◆ **Directions for this task**
Lines from the top of the entries through the line that has "-- There is an object at a path." must be duplicated exactly, and no others.

◆ **Exercise materials**
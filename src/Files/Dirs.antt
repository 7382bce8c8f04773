-- ===== src/Files/Dirs.antt =====
-- `s3_create_dir_all`, one directory of the key after the other.
use Prim.Native.String.{String, ◌++◌ as ◌<>◌}
use zkm_prover.Base.{
  ◌≡◌, refl, ap, subst, sym, ◌∙◌, Option-cases, ◌≢◌, Bool, true, false, none, some, List, [], ◌∷◌,
  All, all, any, ◌⊎◌, Bool-cases, arith, str_eq, eq_iff, if◌then◌else◌, inl, inr,
}
use zkm_prover.Platform.{
  Bytes, ok, Ensures, Ensures->>=, Ensures->>=_eq, >>=-eq-ok, Ensures-mono, World, join,
}
use zkm_prover.Files.{
  parse_s3_path, object_path, head_object, s3_exist, s3_write_file, stored, split_slash, make_dirs,
  s3_create_dir_all,
}
use zkm_prover.Files.Paths.{parse_s3_path_iff, has_no_slash}

-- The objects of one world in the other: an object is as it was, or it is empty, and then it is one
-- of the paths, and no question about it was answered.
abbrev pub KeepsObjects : World → List String → World → Type 0
KeepsObjects w paths w' =
    (path : String) (content : Bytes)
    → w.objects path ≡ some content
    → (w'.objects path ≡ some content)
      ⊎ ((w'.objects path ≡ some []) × (w.answers path ≡ false) × (any (str_eq path) paths ≡ true))

-- There is an object at a path.
abbrev pub HasObject : World → String → Type 0
HasObject w path = w.objects path ≢ none

-- The directories under a path that the parts of a key name, empty parts left out.
abbrev pub dir_paths : String → List String → List String
dir_paths path [] = []
dir_paths path (part ∷ parts) =
    let skipped = dir_paths path parts in
    let made = join path part ∷ dir_paths (join path part) parts in
    if str_eq part "" then skipped else made

-- Whether an object can be written, and a question about it is answered, does not change.
abbrev SameStore : World → World → Type 0
SameStore w w' = (w'.writable ≡ w.writable) × (w'.answers ≡ w.answers)

-- The call ends well, and all objects are there, or one of them cannot be written.
abbrev pub Completes : World → List String → World × Bool → Type 0
Completes w paths r =
    ((r.1 ≡ true) × All (HasObject r.0) paths) ⊎ ((r.1 ≡ false) × (all w.writable paths ≡ false))

-- What the loop gives.
abbrev pub AllMade : World → List String → World × Bool → Type 0
AllMade w paths r = KeepsObjects w paths r.0 × SameStore w r.0 × Completes w paths r

-- What a write to a path gives, where no object is seen.
stored-Made :
    (w : World) (path : String)
    → head_object w path ≡ false
    → AllMade w (path ∷ []) (if w.writable path then (stored w path [], true) else (w, false))
stored-Made w path unseen = elim (Bool-cases (w.writable path)) [
  | inl can ↦ rw can (
    (λ p content old. elim (Bool-cases (str_eq p path)) [
      | inl same ↦
          let its : p ≡ path = (eq_iff p path).0 same in
          let there : w.objects path ≡ some content = rw its at old in
          let unanswered : w.answers path ≡ false = ground (arith, there, unseen) in
          inr (rw same, ap w.answers its ∙ unanswered, rw same)
      | inr other ↦ inl (rw other old)
    ]),
    (refl, refl),
    inl (refl, ((λ none_there. ground (arith, eq_iff path path)), tt)),
  )
  | inr cannot ↦ rw cannot ((λ p content old. inl old), (refl, refl), inr (refl, refl))
]

s3_write_file-Made :
    (w : World) (path : String)
    → head_object w path ≡ false
    → Ensures (AllMade w (path ∷ [])) (s3_write_file w path [])
unfolding s3_write_file
s3_write_file-Made w path unseen =
    Ensures->>=_eq (AllMade w (path ∷ [])) (parse_s3_path path) _ λ parts e.
      let same = (parse_s3_path_iff path parts.0 parts.1).0 e in
      rw (← same.0) (stored-Made w path unseen)

seen-HasObject : (w : World) (path : String) → head_object w path ≡ true → HasObject w path
seen-HasObject w path seen missing = ground (arith, missing, seen)

-- One directory.
ensure_dir-Made :
    (w : World) (path : String) (exist : Bool)
    → head_object w path ≡ exist
    → Ensures (AllMade w (path ∷ [])) (if exist then ok (w, true) else s3_write_file w path [])
ensure_dir-Made w path true e =
    ((λ p content old. inl old), (refl, refl), inl (refl, (seen-HasObject w path e, tt)))
ensure_dir-Made w path false e = s3_write_file-Made w path e

-- An object stays one.
HasObject-kept :
    (w w' : World) (paths : List String) (path : String)
    → KeepsObjects w paths w'
    → HasObject w path
    → HasObject w' path
HasObject-kept w w' paths path keeps here missing = elim (Option-cases (w.objects path)) [
  | inl none_there ↦ here none_there
  | inr (content, there) ↦ elim (keeps path content there) [
    | inl same ↦ cc (same, missing)
    | inr emptied ↦ cc (emptied.0, missing)
  ]
]

any-cons_left :
    (path q : String) (paths : List String)
    → any (str_eq path) (q ∷ []) ≡ true
    → any (str_eq path) (q ∷ paths) ≡ true
any-cons_left path q paths h = ground arith

any-cons_right :
    (path q : String) (paths : List String)
    → any (str_eq path) paths ≡ true
    → any (str_eq path) (q ∷ paths) ≡ true
any-cons_right path q paths h = ground arith

KeepsObjects-cons :
    (w w' w'' : World) (q : String) (paths : List String)
    → SameStore w w'
    → KeepsObjects w (q ∷ []) w'
    → KeepsObjects w' paths w''
    → KeepsObjects w (q ∷ paths) w''
KeepsObjects-cons w w' w'' q paths same first rest path content old =
    elim (first path content old) [
      | inl kept ↦ elim (rest path content kept) [
        | inl still ↦ inl still
        | inr (emptied, unanswered, named) ↦
            inr (
              emptied,
              ap (λ f. f path) (sym same.1) ∙ unanswered,
              any-cons_right path q paths named,
            )
      ]
      | inr (emptied, unanswered, named) ↦
          let empty : w''.objects path ≡ some [] = elim (rest path [] emptied) [
            | inl still ↦ still
            | inr again ↦ again.0
          ] in
          inr (empty, unanswered, any-cons_left path q paths named)
    ]

dir_paths-skip :
    (path part : String) (parts : List String)
    → str_eq part "" ≡ true
    → dir_paths path (part ∷ parts) ≡ dir_paths path parts
dir_paths-skip path part parts e = rw e

dir_paths-cons :
    (path part : String) (parts : List String)
    → str_eq part "" ≡ false
    → dir_paths path (part ∷ parts) ≡ join path part ∷ dir_paths (join path part) parts
dir_paths-cons path part parts e = rw e

not_all-cons :
    (f : String → Bool) (q : String) (paths : List String)
    → all f paths ≡ false
    → all f (q ∷ paths) ≡ false
not_all-cons f q paths h = ground arith

not_all-first :
    (f : String → Bool) (q : String) (paths : List String)
    → all f (q ∷ []) ≡ false
    → all f (q ∷ paths) ≡ false
not_all-first f q paths h = ground arith

Completes-cons :
    (w w' : World) (q : String) (paths : List String) (r : World × Bool)
    → SameStore w w'
    → HasObject w' q
    → KeepsObjects w' paths r.0
    → Completes w' paths r
    → Completes w (q ∷ paths) r
Completes-cons w w' q paths r same here keeps (inl (done, made)) =
    inl (done, (HasObject-kept w' r.0 paths q keeps here, made))
Completes-cons w w' q paths r same here keeps (inr (stopped, unwritable)) =
    inr (stopped, not_all-cons w.writable q paths (ap (λ f. all f paths) (sym same.0) ∙ unwritable))

go_on :
    (w : World) (q : String) (parts paths : List String) (r : World × Bool)
    → AllMade w (q ∷ []) r
    → Ensures (AllMade r.0 paths) (make_dirs r.0 q parts)
    → Ensures (AllMade w (q ∷ paths)) (if r.1 then make_dirs r.0 q parts else ok (r.0, false))
go_on w q parts paths (w', true) (keeps, same, inr stopped) rest = cc (stopped.0)
go_on w q parts paths (w', true) (keeps, same, inl made) rest =
    Ensures-mono {Q = AllMade w (q ∷ paths)} _ rest λ r h. (
      KeepsObjects-cons w w' r.0 q paths same keeps h.0,
      (h.1.0 ∙ same.0, h.1.1 ∙ same.1),
      Completes-cons w w' q paths r same made.1.0 h.0 h.2,
    )
go_on w q parts paths (w', false) (keeps, same, inl made) rest = cc (made.0)
go_on w q parts paths (w', false) (keeps, same, inr stopped) rest = (
  KeepsObjects-cons w w' w' q paths same keeps (λ p content old. inl old),
  same,
  inr (refl, not_all-first w.writable q paths stopped.1),
)

ok_injective {ℓ} : {A : Type ℓ} {a b : A} → ok a ≡ ok b → a ≡ b
ok_injective h = cc

s3_exist-eq :
    (w : World) (path : String) (exist : Bool)
    → s3_exist w path ≡ ok exist
    → head_object w path ≡ exist
unfolding s3_exist
s3_exist-eq w path exist h =
    let (parts, parsed, found) = >>=-eq-ok (parse_s3_path path) _ h in
    let same = (parse_s3_path_iff path parts.0 parts.1).0 parsed in
    ap (head_object w) same.0 ∙ ok_injective found

make_dirs-AllMade :
    (w : World) (path : String) (parts : List String)
    → Ensures (AllMade w (dir_paths path parts)) (make_dirs w path parts)
unfolding make_dirs
make_dirs-AllMade w path [] = ((λ p content old. inl old), (refl, refl), inl (refl, tt))
make_dirs-AllMade w path (part ∷ parts) = elim (Bool-cases (str_eq part "")) [
  | inl skipped ↦
      subst (λ paths. Ensures (AllMade w paths) (make_dirs w path (part ∷ parts)))
        (sym (dir_paths-skip path part parts skipped)) (rw skipped (make_dirs-AllMade w path parts))
  | inr named ↦
      subst (λ paths. Ensures (AllMade w paths) (make_dirs w path (part ∷ parts)))
        (sym (dir_paths-cons path part parts named))
        (rw named (
          Ensures->>=_eq _ (s3_exist w (join path part)) _ λ exist e.
            Ensures->>= _ _ _
              (ensure_dir-Made w (join path part) exist (s3_exist-eq w (join path part) exist e))
              (λ r made.
                go_on w (join path part) parts (dir_paths (join path part) parts) r made
                  (make_dirs-AllMade r.0 (join path part) parts))))
]

-- Where `s3_create_dir_all` returns, it has the directories of the path made.
pub s3_create_dir_all-AllMade :
    (w : World) (bucket key : String)
    → has_no_slash bucket ≡ true
    → Ensures
        (AllMade w (dir_paths ("s3://" <> bucket) (split_slash key)))
        (s3_create_dir_all w (object_path bucket key))
unfolding s3_create_dir_all
s3_create_dir_all-AllMade w bucket key clear =
    rw ((parse_s3_path_iff (object_path bucket key) bucket key).1 (refl, clear))
      (make_dirs-AllMade w ("s3://" <> bucket) (split_slash key))
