-- ===== src/Files/Total.antt =====
-- The paths that `s3_create_dir_all` builds, and whether it returns.
use Prim.Native.String.{String, ◌++◌ as ◌<>◌}
use text.Mathlib.TextLemmas.{append_assoc as text_assoc}
use zkm_prover.Base.{
  ◌≡◌, refl, ap, ◌∙◌, Bool, true, false, List, [], ◌∷◌, str_eq, if◌then◌else◌, Bool-cases, inl, inr,
}
use zkm_prover.Platform.{Result, ok, ◌>>=◌, World, join, Ensures-ok}
use zkm_prover.Files.{
  parse_s3_path, object_path, head_object, s3_exist, s3_write_file, stored, split_slash, make_dirs,
  s3_create_dir_all,
}
use zkm_prover.Files.Paths.{parse_s3_path_iff, has_no_slash}
use zkm_prover.Files.Dirs.{AllMade, dir_paths, s3_create_dir_all-AllMade}

-- The call returns.
abbrev Returns : Result (World × Bool) → Type 0
Returns m = (r : World × Bool) × (m ≡ ok r)

bind_Returns :
    (m : Result (World × Bool)) (next : World × Bool → Result (World × Bool))
    → Returns m
    → ((r : World × Bool) → Returns (next r))
    → Returns (m >>= next)
bind_Returns m next (r, e) k = rw e (k r)

chosen :
    (b : Bool) (m : Result (World × Bool)) (w : World)
    → Returns m
    → Returns (if b then m else ok (w, false))
chosen true m w h = h
chosen false m w h = ((w, false), refl)

module _ (bucket : String) (clear : has_no_slash bucket ≡ true) where
  parsed : (key : String) → parse_s3_path (object_path bucket key) ≡ ok (bucket, key)
  parsed key = (parse_s3_path_iff (object_path bucket key) bucket key).1 (refl, clear)

  -- What is joined to the path is an object's path.
  abbrev IsBase : String → Type 0
  IsBase path = (part : String) → (key : String) × (join path part ≡ object_path bucket key)

  join-IsBase : (path part : String) → IsBase path → IsBase (join path part)
  join-IsBase path part base next =
      let (key, e) = base part in
      (
        key <> ("/" <> next),
        ap (λ p. join p next) e
            ∙ text_assoc "s3://" (bucket <> ("/" <> key)) ("/" <> next)
            ∙ ap (λ t. "s3://" <> t)
                (text_assoc bucket ("/" <> key) ("/" <> next)
                  ∙ ap (λ t. bucket <> t) (text_assoc "/" key ("/" <> next))),
      )

  bucket-IsBase : IsBase ("s3://" <> bucket)
  bucket-IsBase part = (part, text_assoc "s3://" bucket ("/" <> part))

  s3_exist-Returns :
      (w : World) (path key : String)
      → path ≡ object_path bucket key
      → s3_exist w path ≡ ok (head_object w (object_path bucket key))
  unfolding s3_exist
  s3_exist-Returns w path key e = rw (e, parsed key)

  ensure_dir-Returns :
      (w : World) (path key : String) (exist : Bool)
      → path ≡ object_path bucket key
      → Returns (if exist then ok (w, true) else s3_write_file w path [])
  unfolding s3_write_file
  ensure_dir-Returns w path key true e = ((w, true), refl)
  ensure_dir-Returns w path key false e = (
    if w.writable (object_path bucket key)
        then (stored w (object_path bucket key) [], true)
        else (w, false),
    rw (e, parsed key),
  )

  make_dirs-Returns :
      (w : World) (path : String) (parts : List String)
      → IsBase path
      → Returns (make_dirs w path parts)
  unfolding make_dirs
  make_dirs-Returns w path [] base = ((w, true), refl)
  make_dirs-Returns w path (part ∷ parts) base = elim (Bool-cases (str_eq part "")) [
    | inl skipped ↦ rw skipped (make_dirs-Returns w path parts base)
    | inr named ↦
        let (key, e) = base part in
        let exist = head_object w (object_path bucket key) in
        rw (named, s3_exist-Returns w (join path part) key e)
          (bind_Returns (if exist then ok (w, true) else s3_write_file w (join path part) []) _
            (ensure_dir-Returns w (join path part) key exist e)
            (λ r.
              chosen r.1 (make_dirs r.0 (join path part) parts) r.0
                (make_dirs-Returns r.0 (join path part) parts (join-IsBase path part base))))
  ]

-- s3_create_dir_all returns for every bucket and key. It ends well, and each directory that the
-- key names has an object, or it ends with an error, and one of these directories cannot be
-- written. Every object of before is there as it was, but for those that are such a directory and
-- about which the store did not answer: one of these is as it was or empty.
pub s3_create_dir_all-makes :
    (w : World) (bucket key : String)
    → has_no_slash bucket ≡ true
    → (r : World × Bool) × (s3_create_dir_all w (object_path bucket key) ≡ ok r)
      × AllMade w (dir_paths ("s3://" <> bucket) (split_slash key)) r
unfolding s3_create_dir_all
s3_create_dir_all-makes w bucket key clear =
    let (r, e) =
      make_dirs-Returns bucket clear w ("s3://" <> bucket) (split_slash key)
        (bucket-IsBase bucket clear) in
    let ran : s3_create_dir_all w (object_path bucket key) ≡ ok r =
      rw (parsed bucket clear key) e in
    (r, ran, Ensures-ok _ _ r (s3_create_dir_all-AllMade w bucket key clear) ran)
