-- ===== src/Service/Overwrites.antt =====
-- A request with the id of a proof that is known: the files that `generate_proof` writes do not wait
-- for the database.
use zkm_prover.Base.{
  String, ◌≡◌, refl, arith, ap, ◌∙◌, sym, inl, inr, Bool, true, false, Option, none, some, any,
  str_eq,
}
use zkm_prover.Tasks.{GenerateTask}
use zkm_prover.Stage.{Backend}
use zkm_prover.Database.{Database, StageTask, get_user, insert_stage_task}
use zkm_prover.Worker.Finish.{status_computing}
use zkm_prover.Config.{RuntimeConfig}
use zkm_prover.Service.{
  GenerateProofRequest, GenerateProofResponse, Outside, Outcome, go, stop, Reply, responded,
  internal, panicked, ServiceState,
}
use zkm_prover.Service.Checks.{check_address, check_user, verify_signature, first_user, admit}
use zkm_prover.Service.Holds.{IsRefusal}
use zkm_prover.Service.Accepts.{IsLeft, Settles, generate_proof-Settles}
use zkm_prover.Service.Generate.{
  accepted, stage_task, send, insert, insert_and_send, enqueue, prepare, generate_proof,
}

-- Two databases with the same white list.
abbrev pub SameUsers : Outside → Database → Database → Type 0
SameUsers outside db db' =
    (address : String)
    → get_user outside.checksum db address ≡ get_user outside.checksum db' address

module _ (outside : Outside) (backend : Backend) (config : RuntimeConfig)
    (req : GenerateProofRequest) where
  module _ (db db' : Database) (same : SameUsers outside db db') where
    check_address-same :
        (signer : Option String)
        → check_address outside db req signer ≡ check_address outside db' req signer
    unfolding check_address
    check_address-same none = refl
    check_address-same (some address) = ap (first_user req) (same address)

    prepare-same : prepare outside backend config db req ≡ prepare outside backend config db' req
    unfolding prepare admit check_user
    prepare-same = rw (check_address-same (verify_signature outside req))

  send-world :
      (response : GenerateProofResponse) (task : StageTask) (s : ServiceState) (opened : Bool)
      → (send response task s opened).0.world ≡ s.world
  unfolding send
  send-world response task s true = refl
  send-world response task s false = refl

  insert-world :
      (response : GenerateProofResponse) (task : StageTask) (s : ServiceState)
      (db : Option Database)
      → (insert response task s db).0.world ≡ s.world
  unfolding insert
  insert-world response task s none = refl
  insert-world response task s (some db) =
      send-world response task (record s { db = db }) s.has_receiver

  insert_and_send-world :
      (made : String × GenerateTask) (s : ServiceState) (context : Option String)
      → (insert_and_send (accepted backend config made.1) made.0 made.1 s context).0.world ≡ s.world
  unfolding insert_and_send
  insert_and_send-world made s none = refl
  insert_and_send-world made s (some context) =
      insert-world (accepted backend config made.1) (stage_task made.1.proof_id context) s
        (insert_stage_task s.db made.1.proof_id made.0 status_computing context)

  enqueue-world :
      (s : ServiceState) (o : Outcome (String × GenerateTask))
      → (enqueue outside backend config s o).0.world ≡ s.world
  unfolding enqueue
  enqueue-world s (stop reply) = refl
  enqueue-world s (go made) = insert_and_send-world made s (outside.to_context made.1)

  generate_proof-world :
      (s : ServiceState) (fresh : Database)
      → SameUsers outside s.db fresh
      → (generate_proof outside backend config req s).0.world
        ≡ (generate_proof outside backend config req (record s { db = fresh })).0.world
  unfolding generate_proof
  generate_proof-world s fresh same =
      let (w, o) = prepare outside backend config s.db req s.world in
      let (w₀, o₀) = prepare outside backend config fresh req s.world in
      enqueue-world (record s { world = w }) o
      ∙ ap (λ m. (m s.world).0) (prepare-same s.db fresh same)
      ∙ sym (enqueue-world (record s { db = fresh; world = w₀ }) o₀)

  -- A proof's row is in the database.
  abbrev pub IsKnown : Database → Type 0
  IsKnown db = any (λ t. str_eq t.id req.proof_id) db.stage_tasks ≡ true

  known-taken :
      (db : Database) (user context : String)
      → IsKnown db
      → insert_stage_task db req.proof_id user status_computing context ≡ none
  unfolding insert_stage_task
  known-taken db user context known = ground arith

  known-refused :
      (s s' : ServiceState) (reply : Reply)
      → IsKnown s.db
      → Settles outside backend config req s s' reply
      → IsRefusal reply × IsLeft outside backend config req s s'
  known-refused s s' (responded r) known (inl (status, queued)) =
      let (made, prepared, context, encoded, inserted, sent) = queued in
      cc (inserted, known-taken s.db made.0 context known)
  known-refused s s' (responded r) known (inr (status, left)) = (status, left)
  known-refused s s' internal known left = (tt, left)
  known-refused s s' (panicked reason) known left = (tt, left)

  -- A request with the id of a proof that has a row is refused, sends nothing, and changes no row
  -- if the queue is open; but it writes the very files that it writes where the id is new to the
  -- database.
  pub generate_proof-overwrites :
      (s : ServiceState) (fresh : Database)
      → IsKnown s.db
      → SameUsers outside s.db fresh
      → let (s', reply) = generate_proof outside backend config req s in
        let (s₀, reply₀) = generate_proof outside backend config req (record s { db = fresh }) in
        (s'.world ≡ s₀.world) × IsRefusal reply × IsLeft outside backend config req s s'
  generate_proof-overwrites s fresh known same =
      let (s', reply) = generate_proof outside backend config req s in
      let (refused, left) =
        known-refused s s' reply known (generate_proof-Settles outside backend config req s) in
      (generate_proof-world s fresh same, refused, left)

◆ **Problem solution**
filename src/Files/Dirs.antt
repository 7382bce8c8f04773
-- ===== src/Files/Dirs.antt =====
-- `s3_create_dir_all`, one directory of the key after the other.
use Prim.Native.String.{String, ◌++◌ as ◌<>◌}
use zkm_prover.Base.{
  ◌≡◌, refl, ap, subst, sym, ◌∙◌, Option-cases, ◌≢◌, Bool, true, false, none, some, List, [], ◌∷◌,
  All, all, any, ◌⊎◌, Bool-cases, arith, str_eq, eq_iff, if◌then◌else◌, inl, inr,
}
use zkm_prover.Platform.{
  Bytes, ok, Ensures, Ensures->>=, Ensures->>=_eq, >>=-eq-ok, Ensures-mono, World, join,
}
use zkm_prover.Files.{
  parse_s3_path, object_path, head_object, s3_exist, s3_write_file, stored, split_slash, make_dirs,
  s3_create_dir_all,
}
use zkm_prover.Files.Paths.{parse_s3_path_iff, has_no_slash}

-- The objects of one world in the other: an object is as it was, or it is empty, and then it is one
-- of the paths, and no question about it was answered.
abbrev pub KeepsObjects : World → List String → World → Type 0
KeepsObjects w paths w' =
    (path : String) (content : Bytes)
    → w.objects path ≡ some content
    → (w'.objects path ≡ some content)
      ⊎ ((w'.objects path ≡ some []) × (w.answers path ≡ false) × (any (str_eq path) paths ≡ true))

-- There is an object at a path.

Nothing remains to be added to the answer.